-- ===== src/Common/Sorting.antt =====
-- `sort.Sort` of texts: what it promises, and insertion sort, which keeps the promise.
use Prim.Native.Nat.{ℕ, suc}
use Prim.Native.String.{String}
use mathlib.Core.Path.{◌≡◌, refl}
use mathlib.Core.Logic.{inl, inr}
use mathlib.Core.Bool.{Bool, false}
use mathlib.Core.List.{List, [], ◌∷◌}
use native.Mathlib.Omega.{arith}
use text.Mathlib.Text.{◌==◌}
use argodemo.Common.Tests.{if◌then◌else◌, Bool-cases}
use argodemo.Common.Lists.{All}
use argodemo.Common.Order.{StrictWeak, Ordered, All-map, StrictWeak-at_least}

abbrev pub times : String → List String → ℕ
times t [] = 0
times t (x ∷ xs) = if x == t then suc (times t xs) else times t xs

-- A strict weak order makes the result ordered, and each text occurs in it as often as before.
pub record Sorts (less : String → String → Bool) (sort : List String → List String) : Type 0 where
  pub same : (t : String) (xs : List String) → times t (sort xs) ≡ times t xs
  pub ordered : StrictWeak less → (xs : List String) → Ordered less (sort xs)

module _ (less : String → String → Bool) where
  place : String → List String → List String
  place x [] = x ∷ []
  place x (y ∷ ys) = if less y x then y ∷ place x ys else x ∷ y ∷ ys

  pub insertion_sort : List String → List String
  unfolding place
  insertion_sort [] = []
  insertion_sort (x ∷ xs) = place x (insertion_sort xs)

  times-place : (t x : String) (xs : List String) → times t (place x xs) ≡ times t (x ∷ xs)
  unfolding place
  times-place t x [] = refl
  times-place t x (y ∷ ys) = ground (arith, times-place t x ys)

  times-insertion_sort : (t : String) (xs : List String) → times t (insertion_sort xs) ≡ times t xs
  unfolding insertion_sort
  times-insertion_sort t [] = refl
  times-insertion_sort t (x ∷ xs) =
      ground (arith, times-place t x (insertion_sort xs), times-insertion_sort t xs)

  place-All :
      (Holds : String → Type 0) (x : String) (xs : List String)
      → Holds x
      → All Holds xs
      → All Holds (place x xs)
  unfolding place
  place-All Holds x [] h hs = (h, hs)
  place-All Holds x (y ∷ ys) h hs = elim (Bool-cases (less y x)) [
    | inl e ↦ rw e (hs.0, place-All Holds x ys h hs.1)
    | inr e ↦ rw e (h, hs)
  ]

  module _ (sw : StrictWeak less) where
    place-Ordered : (x : String) (xs : List String) → Ordered less xs → Ordered less (place x xs)
    unfolding place
    place-Ordered x [] o = (o, o)
    place-Ordered x (y ∷ ys) o = elim (Bool-cases (less y x)) [
      | inl e ↦
          rw e (place-All (λ z. less z y ≡ false) x ys (sw.asym y x e) o.0, place-Ordered x ys o.1)
      | inr e ↦ rw e ((e, All-map (λ z f. StrictWeak-at_least sw x y z e f) ys o.0), o)
    ]

    insertion_sort-Ordered : (xs : List String) → Ordered less (insertion_sort xs)
    unfolding insertion_sort
    insertion_sort-Ordered [] = tt
    insertion_sort-Ordered (x ∷ xs) =
        place-Ordered x (insertion_sort xs) (insertion_sort-Ordered xs)

  pub insertion_sort-Sorts : Sorts less insertion_sort
  insertion_sort-Sorts = record { same = times-insertion_sort; ordered = insertion_sort-Ordered }
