-- ===== src/Common/Maps.antt =====
-- Go maps with text keys as association lists. A key stands at most once, since `insert`
-- overwrites; the order of the entries is one of those in which Go may range over the map.
use Prim.Native.String.{String}
use mathlib.Core.Path.{◌≡◌, refl}
use mathlib.Core.Bool.{Bool, true, false}
use mathlib.Core.Option.{Option, none, some}
use mathlib.Core.List.{List, [], ◌∷◌}
use native.Mathlib.Omega.{arith}
use text.Mathlib.Text.{◌==◌}
use text.Mathlib.TextEquality.{eq_iff}
use argodemo.Common.Tests.{if◌then◌else◌}

abbrev pub Dict {ℓ} : Type ℓ → Type ℓ
Dict V = List (String × V)

module _ {ℓ} {V : Type ℓ} where
  unfoldable pub lookup : String → Dict V → Option V
  lookup k [] = none
  lookup k ((j, v) ∷ m) = if j == k then some v else lookup k m

  unfoldable pub insert : String → V → Dict V → Dict V
  insert k v [] = (k, v) ∷ []
  insert k v ((j, w) ∷ m) = if j == k then (k, v) ∷ m else (j, w) ∷ insert k v m

  -- Every entry of the key goes.
  unfoldable pub delete : String → Dict V → Dict V
  delete k [] = []
  delete k ((j, w) ∷ m) = if j == k then delete k m else (j, w) ∷ delete k m

  unfoldable pub has_key : String → Dict V → Bool
  has_key k [] = false
  has_key k ((j, v) ∷ m) = if j == k then true else has_key k m

  pub lookup-insert :
      (key other : String) (value : V) (entries : Dict V)
      → lookup other (insert key value entries)
        ≡ (if key == other then some value else lookup other entries)
  unfolding lookup insert
  lookup-insert key other value [] = refl
  lookup-insert key other value ((k, v) ∷ entries) =
      let later = lookup-insert key other value entries in
      ground (arith, later, eq_iff k other, eq_iff key other, eq_iff k key)

  pub lookup-delete :
      (k j : String) (m : Dict V) → lookup j (delete k m) ≡ (if k == j then none else lookup j m)
  unfolding lookup delete
  lookup-delete k j [] = ground arith
  lookup-delete k j ((i, w) ∷ m) =
      ground (arith, eq_iff k j, eq_iff i k, eq_iff i j, lookup-delete k j m)

  pub has_key-lookup :
      (k : String) (m : Dict V) → has_key k m ≡ elim (lookup k m) [ none ↦ false | some _ ↦ true ]
  unfolding lookup has_key
  has_key-lookup k [] = refl
  has_key-lookup k ((j, v) ∷ m) = ground (arith, has_key-lookup k m)

  pub has_key-insert :
      (k j : String) (v : V) (m : Dict V)
      → has_key j (insert k v m) ≡ (if k == j then true else has_key j m)
  has_key-insert k j v m =
      ground (arith, has_key-lookup j (insert k v m), has_key-lookup j m, lookup-insert k j v m)

  pub has_key-delete :
      (k j : String) (m : Dict V) → has_key j (delete k m) ≡ (if k == j then false else has_key j m)
  has_key-delete k j m =
      ground (arith, has_key-lookup j (delete k m), has_key-lookup j m, lookup-delete k j m)
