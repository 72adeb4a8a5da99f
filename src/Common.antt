-- ===== src/Common.antt =====
-- The names that the other modules share: the libraries', passed on, and those of the children.
mod Tests
mod Lists
mod Panics
mod Maps
mod Order
mod Sorting
pub use Tests.*
pub use Lists.*
pub use Panics.*
pub use Order.{
  StrictWeak, Ordered, All-map, StrictWeak-at_least, codes, less_codes, less_text-StrictWeak,
}
unfoldable pub use Order.{less_text}
pub use Sorting.*
unfoldable pub use Maps.{Dict, lookup, insert, delete, has_key}
pub use Maps.{lookup-insert, lookup-delete, has_key-lookup, has_key-insert, has_key-delete}
pub use Prim.Native.Nat.{ℕ, zero, suc, ◌+◌, ◌-◌, ◌*◌, ◌/◌, ◌%◌, ◌^◌, ◌≤◌, ◌<◌}
pub use Prim.Native.String.{String}
pub use mathlib.Core.Path.{◌≡◌, refl, sym, ap, ◌∙◌, subst}
pub use mathlib.Core.Logic.{◌≢◌, ◌↔◌, ◌⊎◌, inl, inr}
pub use mathlib.Core.Bool.{Bool, true, false, not, ◌&&◌, ◌||◌}
pub use mathlib.Core.Option.{Option, none, some}
pub use mathlib.Core.List.{List, [], ◌∷◌, ◌++◌, map, append-nil, append_assoc}
pub use native.Mathlib.Omega.{arith}
pub use text.Mathlib.Text.{◌==◌}
pub use text.Mathlib.TextEquality.{eq_iff}
pub use text.Mathlib.TextPositions.{eq_refl}
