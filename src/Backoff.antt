-- ===== src/Backoff.antt =====
-- shell-operator/pkg/utils/exponential_backoff/delay.go. Durations are nanoseconds; the random
-- addition of milliseconds is an argument. Retry counts and durations are not negative.
pub mod Bounds
mod Tests
use argodemo.Common.{ℕ, zero, suc, ◌+◌, ◌-◌, ◌*◌, ◌%◌, ◌^◌, ltb, leb, if◌then◌else◌}

abbrev pub second : ℕ
second = 1_000_000_000

abbrev pub millisecond : ℕ
millisecond = 1_000_000

abbrev pub max_exponential_backoff_delay : ℕ
max_exponential_backoff_delay = 32 * second

abbrev pub exponential_delay_factor : ℕ
exponential_delay_factor = 2

abbrev pub exponential_delay_random_ms : ℕ
exponential_delay_random_ms = 1000

-- `int(math.Log(32) / math.Log(2))`
abbrev pub exponential_calculations_count : ℕ
exponential_calculations_count = 5

-- `Duration.Truncate`
abbrev truncate : ℕ → ℕ → ℕ
truncate d m = d - d % m

abbrev delta : ℕ → ℕ → ℕ
delta max retry =
    if leb retry exponential_calculations_count
    then second * exponential_delay_factor ^ (retry - 1)
    else max

unfoldable pub calculate_delay_with_max : ℕ → ℕ → ℕ → ℕ → ℕ
calculate_delay_with_max initial max zero rnd = initial
calculate_delay_with_max initial max (suc k) rnd =
    let delay = truncate (initial + delta max (suc k) + rnd * millisecond) (100 * millisecond) in
    if ltb max delay then max else delay

unfoldable pub calculate_delay : ℕ → ℕ → ℕ → ℕ
unfolding calculate_delay_with_max
calculate_delay initial retry rnd =
    calculate_delay_with_max initial max_exponential_backoff_delay retry rnd
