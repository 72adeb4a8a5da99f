-- ===== src/Backoff/Bounds.antt =====
-- Bounds of the delay before a failed task is tried again.
use argodemo.Common.{ℕ, zero, suc, ◌*◌, ◌≤◌, ◌<◌, arith}
use argodemo.Backoff.{
  second, exponential_delay_random_ms, calculate_delay_with_max, calculate_delay,
}

-- No delay after the first failure is above the maximum.
pub delay-le-max : (initial max k rnd : ℕ) → calculate_delay_with_max initial max (suc k) rnd ≤ max
unfolding calculate_delay_with_max
delay-le-max initial max k rnd = ground arith

-- 5 s before the first failure, then 6, 7, 9, 13 and 21 s, and 32 s from the sixth one on.
abbrev pub floor : ℕ → ℕ
floor zero = 5 * second
floor (suc zero) = 6 * second
floor (suc (suc zero)) = 7 * second
floor (suc (suc (suc zero))) = 9 * second
floor (suc (suc (suc (suc zero)))) = 13 * second
floor (suc (suc (suc (suc (suc zero))))) = 21 * second
floor _ = 32 * second

-- With an initial delay of five seconds, the delay for a count of failures is between the floor
-- of the count and that of the next one, whatever random milliseconds, below the bound, are added.
pub calculate_delay_range :
    (k rnd : ℕ)
    → rnd < exponential_delay_random_ms
    → (floor k ≤ calculate_delay (5 * second) k rnd)
      × (calculate_delay (5 * second) k rnd ≤ floor (suc k))
unfolding calculate_delay
calculate_delay_range zero rnd h = ground arith
calculate_delay_range (suc zero) rnd h = ground arith
calculate_delay_range (suc (suc zero)) rnd h = ground arith
calculate_delay_range (suc (suc (suc zero))) rnd h = ground arith
calculate_delay_range (suc (suc (suc (suc zero)))) rnd h = ground arith
calculate_delay_range (suc (suc (suc (suc (suc zero))))) rnd h = ground arith
calculate_delay_range (suc (suc (suc (suc (suc (suc k)))))) rnd h = ground arith

-- With an initial delay of five seconds, the next delay is never shorter, whatever random
-- milliseconds, below the bound, are added to the two.
pub calculate_delay_mono :
    (k rnd rnd' : ℕ)
    → rnd < exponential_delay_random_ms
    → rnd' < exponential_delay_random_ms
    → calculate_delay (5 * second) k rnd ≤ calculate_delay (5 * second) (suc k) rnd'
calculate_delay_mono k rnd rnd' h h' =
    omega (arith, calculate_delay_range k rnd h, calculate_delay_range (suc k) rnd' h')
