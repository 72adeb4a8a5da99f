-- ===== src/Backoff/Tests.antt =====
-- Delays at sample inputs, and the theorems about them applied.
use argodemo.Common.{◌≡◌, refl, ◌*◌, ◌+◌, ◌≤◌, arith}
use argodemo.Backoff.{second, millisecond, calculate_delay}
use argodemo.Backoff.Bounds.{calculate_delay_range}

delay_third : calculate_delay (5 * second) 3 450 ≡ 9 * second + 400 * millisecond
unfolding calculate_delay
delay_third = refl

calculate_delay_range_example :
    (7 * second ≤ calculate_delay (5 * second) 2 999)
    × (calculate_delay (5 * second) 2 999 ≤ 9 * second)
calculate_delay_range_example = calculate_delay_range 2 999 (omega arith)
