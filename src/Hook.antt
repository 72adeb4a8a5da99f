-- ===== src/Hook.antt =====
-- shell-operator/pkg/hook: the bindings of a hook and the controllers that turn events into the
-- contexts that a hook runs with.
pub mod Bindings
pub mod Schedules
pub mod Kubernetes
pub mod Config
pub mod Manager
pub mod Controller
pub mod Init
pub mod Run
pub mod Tests
pub mod LoadTests
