-- Account 2 takes everything, which lies in the deposit token.
abbrev rich : Env ℕ
rich = record env { balance = λ asset account u. some (pos 1_000_000) }

abbrev redemption : Outcome (ℕ × World ℕ)
redemption = withdraw rich 2 9 u128_max 2 (world 0)

-- Each of them ends well, with these amounts.
runs_succeed :
    (succeeded loan ≡ true)
    × (succeeded whole ≡ true)
    × (succeeded call ≡ true)
    × (succeeded cover ≡ true)
    × (succeeded collection ≡ true)
    × (succeeded redemption ≡ true)
    × ((result (0, world 0) whole).0 ≡ 500_000)
    × ((result (0, world 0) collection).0 ≡ 400_000)
    × ((result (0, world 0) redemption).0 ≡ 1_000_000)
unfolding withdraw amount_to_withdraw check_health return_deposit disable_if_empty History.outcome
    collect_protocol_reserves collectible require_pool_admin get_pool_admin ◌+ℤ◌ ◌-ℤ◌
    calculate_oracle_to_wad_factor to_u128 checked_add checked_sub checked_mul checked_div
    saturating_add u256_mul u256_add u256_sub u256_div narrow checked_add_i128 checked_sub_i128
    safe_u128_to_i128 safe_i128_to_u128 safe_reserve_id ray_mul ray_div ray_div_down ray_div_up
    percent_mul get_ltv get_liquidation_threshold get_decimals get_decimals_pow is_active is_frozen
    is_borrowing_enabled is_paused get_reserve_factor get_min_remaining_debt get_borrow_cap
    is_using_as_collateral has_any_borrowing is_borrowing set_using_as_collateral set_borrowing
    count_loop count_active_reserves AState.get_state AState.handle_incentives_action
    ASupply.transfer_underlying_to ASupply.pay ASupply.burn_scaled ASupply.scaled_to_burn
    ASupply.debit_scaled ABalance.balance_of_with_index ABalance.scaled_total_supply
    DState.get_state DState.handle_incentives_action DSupply.mint_scaled DSupply.burn_scaled
    DSupply.sweep_dust DBalance.balance_of_with_index DBalance.scaled_total_supply utilization_rate
    ratio_above rate_above rate_below variable_borrow_rate calculate_with params_for
    calculate_interest_rates get_reserve_data set_reserve_data accrued update_state
    get_current_variable_borrow_index_with_data a_token_at debt_token_at rate_strategy_at
    set_contract set_user_configuration contains is_whitelisted is_blacklisted
    validate_reserve_whitelist_access validate_reserve_blacklist_access validate_price_freshness
    price_map take fetched get_prices_for_assets get_oracle_config pay_underlying burn_deposit
    mint_debt burn_debt deposit_of debt_of_user scaled_total_at get_scaled_total_supply
    get_total_supply_with_index total_with_index get_atoken_underlying_balance available_of
    calculate_interest_rates_for_reserve update_interest_rates_and_store active_positions
    weighted_value price_in add_collateral add_debt ceiling floor available_borrows account_data_of
    add_active position_totals account_sums account_result calculate_user_account_data_unified
    calculate_user_account_data calculate_user_account_data_with_prices value_in_base
    calculate_health_factor_u256 pow_ten validate_amount validate_withdraw validate_borrow
    validate_repay validate_borrow_cap_after_interest within_means validate_user_can_borrow
    validate_user_can_withdraw can_withdraw_collateral check_withdrawal guarded check_access
    check_recipient accrue settle_rates enough_debt mark_borrowing check_borrow give_loan borrow
    router_borrow amount_to_repay clear_if_repaid debt_to_repay take_repayment repay router_repay
runs_succeed = (refl, refl, refl, refl, refl, refl, refl, refl, refl)

abbrev lent : World ℕ
lent = (result (tt, world 0) loan).1

borrow-RecordsDebt_example : RecordsDebt env 2 9 2 300_000 (world 0) lent
borrow-RecordsDebt_example =
    borrow-RecordsDebt env 2 9 2 300_000 1 (world 0) lent
      (result_lem (tt, world 0) loan runs_succeed.0)

accrue_run : accrue 100 9 reserve (world 500_000) ≡ ok (reserve, world 500_000)
unfolding accrue update_state
accrue_run = refl

repay-Settles_example :
    Settles env 2 9 2
      (result (0, world 0) whole).0
      (world 500_000)
      (result (0, world 0) whole).1
      (debts 500_000)
      reserve
unfolding get_reserve_data set_reserve_data set_contract
repay-Settles_example =
    repay-Settles env 2 9 2 500_000 1 (result (0, world 0) whole).0 (world 500_000)
      (result (0, world 0) whole).1 (world 500_000) reserve reserve (debts 500_000)
      (result_lem (0, world 0) whole runs_succeed.1) refl accrue_run refl (omega arith)
      (omega arith) (omega arith)

strategy_only-Sound : Sound strategy_only
strategy_only-Sound = record {
  deposits = λ b t e.
      elim (set_contract_cases no_contracts 13 b (rate_strategy strategy) (a_token t) e) [
        | inl (_, same) ↦ absurd (cc)
        | inr there ↦ absurd (cc)
      ];
  debts = λ b t e.
      elim (set_contract_cases no_contracts 13 b (rate_strategy strategy) (debt_token t) e) [
        | inl (_, same) ↦ absurd (cc)
        | inr there ↦ absurd (cc)
      ];
}

world-IsSound : IsSound (world 0)
unfolding ◌+ℤ◌
world-IsSound = put_debt_token-Sound _ 12 (debts 0) refl (
    put_a_token-Sound strategy_only 11 deposits
      (record { covered = (omega arith, tt); backed = refl }) strategy_only-Sound)

abbrev calls : List (Env ℕ × History.Call)
calls =
    (env, History.Call.borrow_call 2 9 300_000 1 2)
    ∷ (env, History.Call.repay_call 2 9 100_000 1 2)
    ∷ (env, History.Call.borrow_call 2 9 900_000 1 2)
    ∷ []

run-IsSound_example : IsSound (History.run (world 0) calls)
run-IsSound_example = History.run-IsSound (world 0) calls world-IsSound

outcome-Allowed_example : History.Allowed env (History.Call.borrow_call 2 9 300_000 1 2) (world 0)
outcome-Allowed_example =
    History.outcome-Allowed env (History.Call.borrow_call 2 9 300_000 1 2) (world 0)
      (result (world 0) call) (result_lem (world 0) call runs_succeed.2)

can_borrow-IsAffordable_example :
    IsAffordable env (world 0) 2 9 300_000 10_000 reserve (result pool cover)
can_borrow-IsAffordable_example =
    can_borrow-IsAffordable env (world 0) 2 9 300_000 10_000 reserve (result pool cover)
      (result_lem pool cover runs_succeed.3)

collect_protocol_reserves_effect_example :
    Collects env 9 11
      (result (0, world 0) collection).0
      (world 500_000)
      (world 500_000)
      (result (0, world 0) collection).1
      reserve
unfolding get_reserve_data set_reserve_data
collect_protocol_reserves_effect_example =
    collect_protocol_reserves_effect env 9 11 (result (0, world 0) collection).0 (world 500_000)
      (result (0, world 0) collection).1 (world 500_000) reserve reserve
      (result_lem (0, world 0) collection runs_succeed.4) refl accrue_run

-- A deficit of 700 and an offer of 1000.
abbrev short : World ℕ
short = record (world 0) { pool = record pool { reserve_deficit = λ a. 700 } }

abbrev covered_world : World ℕ
covered_world = record short {
  pool = reduce_reserve_deficit (record pool { reserve_deficit = λ a. 700 }) 9 700;
}

covering_run : cover_deficit env 3 9 1000 short ≡ ok (700, covered_world)
unfolding cover_deficit reduce_reserve_deficit get_reserve_data set_reserve_data safe_u128_to_i128
covering_run = refl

Task instructions —
The lines above starting at the one that contains "(succeeded loan ≡ true)" and ending at the one that contains "percent_mul get_ltv get_liquidation_threshold" must be transcribed exactly, and no other lines may appear.

Answer to the exercise —
    (succeeded loan ≡ true)
    × (succeeded whole ≡ true)
    × (succeeded call ≡ true)
    × (succeeded cover ≡ true)
    × (succeeded collection ≡ true)
    × (succeeded redemption ≡ true)
    × ((result (0, world 0) whole).0 ≡ 500_000)
    × ((result (0, world 0) collection).0 ≡ 400_000)
    × ((result (0, world 0) redemption).0 ≡ 1_000_000)
unfolding withdraw amount_to_withdraw check_health return_deposit disable_if_empty History.outcome
    collect_protocol_reserves collectible require_pool_admin get_pool_admin ◌+ℤ◌ ◌-ℤ◌
    calculate_oracle_to_wad_factor to_u128 checked_add checked_sub checked_mul checked_div
    saturating_add u256_mul u256_add u256_sub u256_div narrow checked_add_i128 checked_sub_i128
    safe_u128_to_i128 safe_i128_to_u128 safe_reserve_id ray_mul ray_div ray_div_down ray_div_up
    percent_mul get_ltv get_liquidation_threshold get_decimals get_decimals_pow is_active is_frozen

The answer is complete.